A estabilidade -para Kissinger- surgiria de uma ordem em que seus membros percebessem que possuem uma segurança relativamente aceitável. Em que, embora persistam reivindicações e insatisfações parciais, é essencial que não haja reclamações de tal magnitude que os levem a buscar destruir o sistema em vez de alterá-lo.

Kissinger reconheceu que o Congresso de Viena foi um esforço para alcançar estabilidade e não vingança. O que implicava que a França não deveria ser despedaçada, mas levada à aceitação de seus limites. Seu mérito estaria baseado em um slogan de evitar a insatisfação extrema que poderia levar algum ator a ponto de buscar derrubar o acordo em vez de alterá-lo diplomaticamente. Um entendimento que -em essência- funcionaria por quase cem anos, dotando o sistema de um tempo quase irrepetível de relativa paz e prosperidade.

Ensinamentos que voltam a ser relevantes no mundo de hoje.
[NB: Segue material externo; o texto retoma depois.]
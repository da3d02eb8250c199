-- ===== src/DateTimePicker/RoundTrip.antt =====
-- The text of the picker is read back as it was written.
use Prim.Native.String
use package.text.Mathlib.TextLemmas.{append-nil, append_assoc}
use telemetryhub.Common.{
  ◌<◌, ℕ, ◌+◌, String, ◌≡◌, refl, [], ◌∷◌, Option, some, arith, ltb, ap, ◌∙◌, Bool-cases, inl, inr,
}
use telemetryhub.Common.Int.{ℤ, pos, ◌+ℤ◌, ◌-ℤ◌}
use telemetryhub.Js.Text.{text, split, decimal, size}
use telemetryhub.Js.Text.Split.{
  Avoids, Avoids-append, NoDigit, split_at, split_only, contains_at, is_empty_at, decimal-Avoids,
}
use telemetryhub.DateTimePicker.Numbers.{ReadsDigits, decimal_read, pad_read}
use telemetryhub.DateTimePicker.{Calendar, Time, shown, pad, extract_time, parse_local, emitted}

pad-Avoids : (c n : ℕ) → NoDigit c → Avoids c (pad (pos n))
unfolding pad shown text
pad-Avoids c n h =
    let d = decimal-Avoids c n h in
    elim (Bool-cases (ltb (size (decimal n)) 1)) [
      | inl blank ↦ rw blank (
          Avoids-append c "00" _ (ground arith, (ground arith, tt))
            (Avoids-append c (decimal n) "" d tt))
      | inr some_ ↦ elim (Bool-cases (ltb (size (decimal n)) 2)) [
        | inl short ↦
            rw (some_, short)
              (Avoids-append c "0" _ (ground arith, tt) (Avoids-append c (decimal n) "" d tt))
        | inr long ↦ rw (some_, long) d
      ]
    ]

-- The texts of a day, and of a time.
abbrev day_text : String → String → String → String
day_text y m d = String.◌++◌ y (String.◌++◌ "-" (String.◌++◌ m (String.◌++◌ "-" d)))

abbrev time_text : String → String → String
time_text h m = String.◌++◌ h (String.◌++◌ ":" m)

joined :
    (y m d h mi : String)
    → text (y ∷ "-" ∷ m ∷ "-" ∷ d ∷ "T" ∷ h ∷ ":" ∷ mi ∷ [])
      ≡ String.◌++◌ (day_text y m d) (String.◌++◌ "T" (time_text h mi))
unfolding text
joined y m d h mi = simp (append_assoc, append-nil)

module _ (y m d h mi : ℕ) where
  abbrev day : String
  day = day_text (decimal y) (pad (pos m)) (pad (pos d))

  abbrev time : String
  time = time_text (pad (pos h)) (pad (pos mi))

  abbrev pub whole : String
  whole = String.◌++◌ day (String.◌++◌ "T" time)

  day-Avoids : Avoids b'T' day
  day-Avoids = Avoids-append b'T' (decimal y) _ (decimal-Avoids b'T' y refl) (
      Avoids-append b'T' "-" _ (refl, tt)
        (Avoids-append b'T' (pad (pos m)) _ (pad-Avoids b'T' m refl)
          (Avoids-append b'T' "-" _ (refl, tt) (pad-Avoids b'T' d refl))))

  time-Avoids : Avoids b'T' time
  time-Avoids =
      Avoids-append b'T' (pad (pos h)) _ (pad-Avoids b'T' h refl)
        (Avoids-append b'T' ":" _ (refl, tt) (pad-Avoids b'T' mi refl))

  split-T : split whole "T" ≡ day ∷ time ∷ []
  split-T = split_at "T" day time day-Avoids ∙ ap (λ r. day ∷ r) (split_only "T" time time-Avoids)

  split-day : split day "-" ≡ decimal y ∷ pad (pos m) ∷ pad (pos d) ∷ []
  split-day =
      split_at "-" (decimal y) _ (decimal-Avoids b'-' y refl)
      ∙ ap (λ r. decimal y ∷ r)
          (split_at "-" (pad (pos m)) (pad (pos d)) (pad-Avoids b'-' m refl)
            ∙ ap (λ r. pad (pos m) ∷ r) (split_only "-" (pad (pos d)) (pad-Avoids b'-' d refl)))

  split-time : split time ":" ≡ pad (pos h) ∷ pad (pos mi) ∷ []
  split-time =
      split_at ":" (pad (pos h)) (pad (pos mi)) (pad-Avoids b':' h refl)
      ∙ ap (λ r. pad (pos h) ∷ r) (split_only ":" (pad (pos mi)) (pad-Avoids b':' mi refl))

  module _ (number : String → Option ℤ) (hour_read : number (pad (pos h)) ≡ some (pos h))
      (minute_read : number (pad (pos mi)) ≡ some (pos mi)) where
    extract_time-whole : extract_time number whole ≡ record { hour = pos h; minute = pos mi }
    unfolding extract_time
    extract_time-whole =
        rw
          (
            is_empty_at "T" day time,
            contains_at "T" day time,
            split-T,
            split-time,
            hour_read,
            minute_read,
          )
          refl

    parse_local-whole :
        {Date : Type 0} (calendar : Calendar Date)
        → number (decimal y) ≡ some (pos y)
        → number (pad (pos m)) ≡ some (pos m)
        → number (pad (pos d)) ≡ some (pos d)
        → parse_local calendar number whole
          ≡ calendar.make (some (pos y)) (some (pos m -ℤ pos 1)) (some (pos d)) (pos h) (pos mi)
    unfolding parse_local
    parse_local-whole calendar year_read month_read day_read =
        rw
          (
            parse_local, split-T, split-day, split-time, hour_read, minute_read, year_read,
            month_read, day_read,
          )
          refl

plus_one : (m : ℕ) → pos m +ℤ pos 1 ≡ pos (m + 1)
unfolding ◌+ℤ◌
plus_one m = ground arith

minus_one : (m : ℕ) → pos (m + 1) -ℤ pos 1 ≡ pos m
unfolding ◌-ℤ◌
minus_one m = ground arith

-- What the picker emits for a day and a time is read back, as the time and as the local time of the
-- day's parts, if `Number` reads digits and the parts are those of a day of the years 0 to 275760.
pub emitted_read_back :
    {Date : Type 0} (calendar : Calendar Date) (number : String → Option ℤ) (day : Date)
    (y m d h mi : ℕ)
    → ReadsDigits number
    → y < 275761
    → m < 12
    → d < 32
    → h < 24
    → mi < 60
    → let local =
        calendar.make
          (some (calendar.full_year day))
          (some (calendar.month day))
          (some (calendar.date day))
          (pos h)
          (pos mi) in
      calendar.full_year local ≡ pos y
      → calendar.month local ≡ pos m
      → calendar.date local ≡ pos d
      → let t : Time = record { hour = pos h; minute = pos mi } in
        let v = emitted calendar number day t in
        (extract_time number v ≡ t)
        × (parse_local calendar number v
            ≡ calendar.make (some (pos y)) (some (pos m)) (some (pos d)) (pos h) (pos mi))
unfolding emitted shown
emitted_read_back calendar number day y m d h mi reads by bm bd bh bmi ey em ed =
    let v = whole y (m + 1) d h mi in
    let e : emitted calendar number day (record { hour = pos h; minute = pos mi }) ≡ v =
      rw (ey, em, ed, plus_one m)
        (joined (decimal y) (pad (pos (m + 1))) (pad (pos d)) (pad (pos h)) (pad (pos mi))) in
    let rh = pad_read number reads h (omega arith) in
    let rmi = pad_read number reads mi (omega arith) in
    rw e (
      extract_time-whole y (m + 1) d h mi number rh rmi,
      parse_local-whole y (m + 1) d h mi number rh rmi calendar
            (decimal_read number reads y (omega arith))
            (pad_read number reads (m + 1) (omega arith)) (pad_read number reads d (omega arith))
          ∙ ap (λ k. calendar.make (some (pos y)) (some k) (some (pos d)) (pos h) (pos mi))
              (minus_one m),
    )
Quando o terceiro ator mais importante do mundo entende - com ou sem razão - que a ordem global surgida no final da Guerra Fria contém doses inaceitáveis ​​de ilegitimidade. Com a agravante de levá-lo a adotar uma política revisionista. Ao extremo de questionar o próprio fundamento do sistema de Estados soberanos baseado na inviolabilidade das fronteiras.

Mariano A. Caucino é especialista em relações internacionais. Ex-embaixador em Israel e Costa Rica.


As opiniões aqui publicadas são de inteira responsabilidade de seus autores.